You’ve heard the stories of auto manufacturers who learn there is a defect in their vehicle and calculate the cost of potential lawsuits and the cost of the recall. If the recall costs more, they decide it’s worth it to them to shell out wrongful death settlements rather than save every potential driver. That’s unconscionable. Now, how does one decide how much the victims of 9/11 should get?
That was Ken Feinberg (Michael Keaton)’s job. The airlines of the flights hijacked on 9/11 realized that victim lawsuits could bankrupt the airlines. That would impact the entire country, because they couldn’t fly supply planes either. So the government came up with the 9/11 Victims Fund. They need at least 80% of 9/11 victims to sign up, and Feinberg has to convince them his calculations are really what their loved ones’ lives were worth.

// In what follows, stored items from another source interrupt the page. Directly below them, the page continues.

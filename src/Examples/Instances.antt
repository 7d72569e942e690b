-- ===== src/Examples/Instances.antt =====
-- Pools of instances.
use open_functions.Prelude.{
  ℕ, ◌+◌, ◌-◌, ◌≤◌, ◌≡◌, ◌≢◌, ◌⊎◌, inl, inr, refl, codes, false, none, some, List, [], ◌∷◌, length,
  lookup, insert, Result, ok, arith, ℕ_Eq, Dict, ◌==◌, ==_iff, Bool-cases,
}
use open_functions.Model.{RuntimeLabel}
use open_functions.Runtime.{InstanceSpec, process}
use open_functions.Pool.{
  SocketAddr, PoolConfig, AcquiredInstance, InstanceState, AcquireError, Pool, QueuePolicy,
  instance_count, new, proceed, begin_start, finish_start, try_acquire_existing, reap_idle_once,
}
use open_functions.Pool.Slots.{in_flight}
use open_functions.Pool.System.{System, Reach, here, next, begins, finishes, acquires}
use open_functions.Pool.Limits.{start, Reach-limits, Reach-concurrency}
use open_functions.Pool.Stall.{dropped_start_stalls}
use open_functions.Pool.Reaper.{reap_idle_once-keeps}
use open_functions.Pool.Acquire.{Surroundings, acquire}
use open_functions.Pool.Acquire.Alone.{IsAlone, Listed, acquire-returns, acquire-cold_start}

abbrev pub spec : InstanceSpec
spec = record {
  function_name = codes "greeter";
  revision = 1;
  entry_point = codes "function";
  signature_type = codes "http";
  env = [];
  memory_mib = 256;
  start_timeout = 10000;
  launch = process (codes "/data/function") [] none;
  runtime_label = RuntimeLabel.rust;
}

abbrev pub config : PoolConfig
config = record {
  concurrency = 2;
  min_instances = 0;
  max_instances = 3;
  idle_timeout = 300000;
  queue_policy = QueuePolicy.wait;
  queue_max_wait = 100;
  start_timeout = 10000;
  stop_grace = 5000;
}

abbrev idle : System
idle = start spec config 4 1

abbrev idle_pool : Pool
idle_pool = record {
  config = config;
  spec_template = spec;
  instances = [];
  starting = none;
  is_draining = false;
  global_free = 4;
  fresh = 0;
}

abbrev starting_pool : Pool
starting_pool = record idle_pool { starting = some 0; global_free = 3; fresh = 1 }

abbrev is_starting : System
is_starting = record { pool = starting_pool; starters = spec ∷ []; requests = []; others = 1 }

abbrev instance_state : ℕ → InstanceState
instance_state free = record { handle = some 9001; semaphore = 1; available = free; last_used = 5 }

abbrev running : System
running = record is_starting {
  pool = record starting_pool {
    starting = none;
    fresh = 2;
    instances = (9001, instance_state 2) ∷ [];
  };
  starters = [];
}

abbrev serving : System
serving = record running {
  pool = record (running.pool) { instances = (9001, instance_state 1) ∷ [] };
  requests = record { addr = 9001; semaphore = 1 } ∷ [];
}

begin_first : begin_start (new spec config 4) ≡ (starting_pool, proceed spec)
unfolding begin_start new
begin_first = refl

starting_reached : Reach idle is_starting
starting_reached = next here (begins starting_pool spec begin_first)

running_reached : Reach idle running
unfolding finish_start insert lookup
running_reached = next starting_reached (finishes [] [] spec (ok 9001) 5 refl)

acquire_first :
    try_acquire_existing (9001 ∷ []) 5 (running.pool)
    ≡ some (serving.pool, record { addr = 9001; semaphore = 1 })
unfolding try_acquire_existing insert lookup
acquire_first = refl

serving_reached : Reach idle serving
serving_reached =
    next running_reached
      (acquires (9001 ∷ []) 5 (serving.pool) (record { addr = 9001; semaphore = 1 }) acquire_first)

Reach-limits_example :
    (length serving.starters ≤ 1)
    × (instance_count serving.pool + length serving.starters ≤ 3)
    × (serving.pool.global_free
          + instance_count serving.pool
          + length serving.starters
          + serving.others
        ≡ 5)
Reach-limits_example = Reach-limits spec config 4 1 serving serving_reached

Reach-concurrency_example :
    (1 + in_flight 1 serving.requests ≡ 2) × (in_flight 1 serving.requests ≤ 2)
unfolding lookup
Reach-concurrency_example =
    Reach-concurrency spec config 4 1 serving serving_reached 9001 (instance_state 1) refl

abbrev stalled : System
stalled = record is_starting { pool = record starting_pool { global_free = 4 }; starters = [] }

dropped_start_stalls_example :
    ((q : Pool) (next_spec : InstanceSpec) → begin_start stalled.pool ≢ (q, proceed next_spec))
    × (instance_count stalled.pool ≤ 0)
dropped_start_stalls_example =
    dropped_start_stalls spec config 4 1 is_starting starting_reached [] [] spec refl stalled here

abbrev two_idle : Pool
two_idle = record idle_pool {
  instances = (9002, record (instance_state 2) { semaphore = 3 }) ∷ (9001, instance_state 1) ∷ [];
}

reap_idle_once-keeps_example :
    let q = (reap_idle_once (9001 ∷ 9002 ∷ []) 400000 two_idle).0 in
    (0 ≤ instance_count q)
    × ((addr : SocketAddr) (inst : InstanceState)
        → lookup addr two_idle.instances ≡ some inst
        → (lookup addr q.instances ≡ some inst)
          ⊎ ((lookup addr q.instances ≡ none)
              × (inst.available ≡ 2)
              × (300000 ≤ 400000 - inst.last_used)))
unfolding lookup
reap_idle_once-keeps_example =
    reap_idle_once-keeps (9001 ∷ 9002 ∷ []) 400000 two_idle (refl, (refl, tt))

abbrev keys : Dict SocketAddr InstanceState → List SocketAddr
keys [] = []
keys ((a, _) ∷ m) = a ∷ keys m

abbrev quiet : Surroundings
quiet = record {
  order = λ k p. keys p.instances;
  spawn = λ k s. ok 9001;
  lag = λ k. 1;
  others = λ k p. p;
}

lookup-Listed :
    (m : Dict SocketAddr InstanceState) (addr : SocketAddr) (inst : InstanceState)
    → lookup addr m ≡ some inst
    → Listed addr (keys m)
unfolding lookup
lookup-Listed [] addr inst h = absurd (ground arith)
lookup-Listed ((a, i) ∷ m) addr inst h = elim (Bool-cases (addr == a)) [
  | inl e ↦ inl ((==_iff addr a).0 e)
  | inr e ↦ inr (lookup-Listed m addr inst (ground (arith)))
]

quiet-IsAlone : IsAlone quiet
quiet-IsAlone = record { untouched = λ k p. refl; complete = λ k p. lookup-Listed p.instances }

acquire-returns_example :
    (r : Pool × Result AcquireError AcquiredInstance) × (acquire quiet 102 5 idle_pool ≡ some r)
acquire-returns_example =
    acquire-returns quiet quiet-IsAlone 102 5 idle_pool refl (omega arith) (omega arith)

none_free : try_acquire_existing [] 5 idle_pool ≡ none
unfolding try_acquire_existing
none_free = refl

acquire-cold_start_example :
    (q : Pool) × (a : AcquiredInstance) × (acquire quiet 2 5 idle_pool ≡ some (q, ok a))
acquire-cold_start_example =
    acquire-cold_start quiet quiet-IsAlone 0 5 idle_pool 9001 none_free refl refl (omega arith)
      (omega arith) (omega arith) refl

The inherent drama of this unfathomable task is compelling. Feinberg isn’t an asshole. He knows you can’t put a price on human life, but he’s more worried that the victims will get nothing otherwise. Try selling that to people going through grief.
The 9/11 fund brings up other related issues. Frank Donato (Chris Tardio), who lost his brother Nick in the rescue efforts, brings up that the fire department had shoddy radios. They didn’t even hear the call to evacuate the buildings. If first responders could get better resources to mitigate future tragedies, that would be worthwhile.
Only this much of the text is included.